Exercise details: Identify all lines in the data containing the string "antt". Copy them out.

-- Recorded data follows --

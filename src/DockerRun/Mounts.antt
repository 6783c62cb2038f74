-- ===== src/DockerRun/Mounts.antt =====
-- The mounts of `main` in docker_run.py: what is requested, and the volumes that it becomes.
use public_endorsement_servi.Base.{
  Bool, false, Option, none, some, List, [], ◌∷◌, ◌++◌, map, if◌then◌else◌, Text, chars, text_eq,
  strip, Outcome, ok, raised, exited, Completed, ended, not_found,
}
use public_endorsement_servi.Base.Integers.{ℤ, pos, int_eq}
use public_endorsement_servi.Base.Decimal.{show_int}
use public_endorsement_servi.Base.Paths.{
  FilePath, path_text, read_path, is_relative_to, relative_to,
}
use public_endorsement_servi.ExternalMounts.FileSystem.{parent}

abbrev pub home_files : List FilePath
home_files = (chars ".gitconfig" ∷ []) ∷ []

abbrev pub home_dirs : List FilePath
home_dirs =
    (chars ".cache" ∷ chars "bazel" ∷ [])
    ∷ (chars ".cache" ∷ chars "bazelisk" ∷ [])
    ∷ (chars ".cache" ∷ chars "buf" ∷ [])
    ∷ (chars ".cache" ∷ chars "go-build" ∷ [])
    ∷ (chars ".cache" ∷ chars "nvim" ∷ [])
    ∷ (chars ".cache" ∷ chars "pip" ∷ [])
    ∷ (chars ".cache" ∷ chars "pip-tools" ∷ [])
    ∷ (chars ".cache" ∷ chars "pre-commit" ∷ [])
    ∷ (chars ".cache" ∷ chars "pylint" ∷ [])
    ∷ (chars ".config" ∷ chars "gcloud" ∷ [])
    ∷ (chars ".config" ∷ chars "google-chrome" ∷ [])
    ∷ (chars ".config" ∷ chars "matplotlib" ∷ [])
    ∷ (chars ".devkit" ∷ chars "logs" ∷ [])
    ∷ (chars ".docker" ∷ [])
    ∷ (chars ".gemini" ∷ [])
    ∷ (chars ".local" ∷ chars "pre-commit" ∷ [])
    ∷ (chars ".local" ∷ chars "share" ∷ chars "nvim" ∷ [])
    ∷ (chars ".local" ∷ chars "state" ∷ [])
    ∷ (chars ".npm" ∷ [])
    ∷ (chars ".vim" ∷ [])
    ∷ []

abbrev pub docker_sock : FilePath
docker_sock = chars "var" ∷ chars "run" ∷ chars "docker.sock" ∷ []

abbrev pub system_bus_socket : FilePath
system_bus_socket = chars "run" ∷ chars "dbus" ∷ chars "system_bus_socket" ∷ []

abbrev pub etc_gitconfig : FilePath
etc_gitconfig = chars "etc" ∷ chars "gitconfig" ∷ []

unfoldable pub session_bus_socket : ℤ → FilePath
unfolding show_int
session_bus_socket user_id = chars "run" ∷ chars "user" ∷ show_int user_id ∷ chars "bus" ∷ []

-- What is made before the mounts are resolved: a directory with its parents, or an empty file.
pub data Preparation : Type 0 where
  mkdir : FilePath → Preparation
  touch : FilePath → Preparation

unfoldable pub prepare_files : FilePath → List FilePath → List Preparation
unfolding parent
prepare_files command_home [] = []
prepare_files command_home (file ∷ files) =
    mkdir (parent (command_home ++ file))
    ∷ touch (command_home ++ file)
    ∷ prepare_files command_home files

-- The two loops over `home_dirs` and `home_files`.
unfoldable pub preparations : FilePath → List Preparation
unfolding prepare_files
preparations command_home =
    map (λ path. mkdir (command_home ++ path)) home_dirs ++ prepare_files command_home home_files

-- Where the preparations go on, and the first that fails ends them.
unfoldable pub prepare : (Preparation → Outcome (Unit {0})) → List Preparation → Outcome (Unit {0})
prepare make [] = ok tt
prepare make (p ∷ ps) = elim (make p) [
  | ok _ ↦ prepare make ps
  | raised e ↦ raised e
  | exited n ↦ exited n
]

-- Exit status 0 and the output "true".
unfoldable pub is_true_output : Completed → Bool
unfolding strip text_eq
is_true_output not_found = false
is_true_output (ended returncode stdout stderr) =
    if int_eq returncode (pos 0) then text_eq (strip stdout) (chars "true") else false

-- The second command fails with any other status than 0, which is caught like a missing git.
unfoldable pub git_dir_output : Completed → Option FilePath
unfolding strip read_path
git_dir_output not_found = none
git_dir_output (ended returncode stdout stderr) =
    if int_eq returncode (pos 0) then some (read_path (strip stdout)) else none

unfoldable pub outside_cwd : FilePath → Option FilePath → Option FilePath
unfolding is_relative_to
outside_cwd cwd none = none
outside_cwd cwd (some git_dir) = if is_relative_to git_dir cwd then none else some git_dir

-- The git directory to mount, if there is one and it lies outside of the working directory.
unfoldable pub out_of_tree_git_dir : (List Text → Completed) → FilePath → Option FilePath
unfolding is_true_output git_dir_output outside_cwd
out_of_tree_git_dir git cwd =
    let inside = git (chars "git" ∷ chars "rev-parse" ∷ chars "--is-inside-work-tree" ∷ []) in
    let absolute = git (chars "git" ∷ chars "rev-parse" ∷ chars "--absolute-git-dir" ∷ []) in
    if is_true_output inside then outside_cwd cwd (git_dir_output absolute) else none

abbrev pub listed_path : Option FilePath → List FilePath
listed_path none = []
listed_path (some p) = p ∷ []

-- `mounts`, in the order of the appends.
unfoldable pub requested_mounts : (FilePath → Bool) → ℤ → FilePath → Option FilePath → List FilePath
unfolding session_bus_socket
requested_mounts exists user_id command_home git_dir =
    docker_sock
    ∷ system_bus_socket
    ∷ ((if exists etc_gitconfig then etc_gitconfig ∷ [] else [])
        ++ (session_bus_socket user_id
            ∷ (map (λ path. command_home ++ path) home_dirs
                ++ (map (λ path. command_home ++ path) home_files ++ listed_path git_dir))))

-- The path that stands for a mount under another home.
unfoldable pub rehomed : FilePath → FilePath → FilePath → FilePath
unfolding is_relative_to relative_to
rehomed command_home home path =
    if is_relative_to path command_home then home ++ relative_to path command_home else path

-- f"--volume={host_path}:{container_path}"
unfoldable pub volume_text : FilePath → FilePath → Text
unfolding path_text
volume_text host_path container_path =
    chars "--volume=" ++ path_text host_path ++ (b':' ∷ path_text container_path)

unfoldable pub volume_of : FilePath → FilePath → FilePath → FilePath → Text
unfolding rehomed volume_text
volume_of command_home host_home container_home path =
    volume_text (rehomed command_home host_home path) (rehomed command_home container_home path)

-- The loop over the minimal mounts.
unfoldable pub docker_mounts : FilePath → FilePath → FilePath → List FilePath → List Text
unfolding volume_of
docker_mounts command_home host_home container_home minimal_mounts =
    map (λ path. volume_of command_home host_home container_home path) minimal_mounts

-- Recorded data concluded --

Response area:
filename src/DockerRun/Mounts.antt
-- ===== src/DockerRun/Mounts.antt =====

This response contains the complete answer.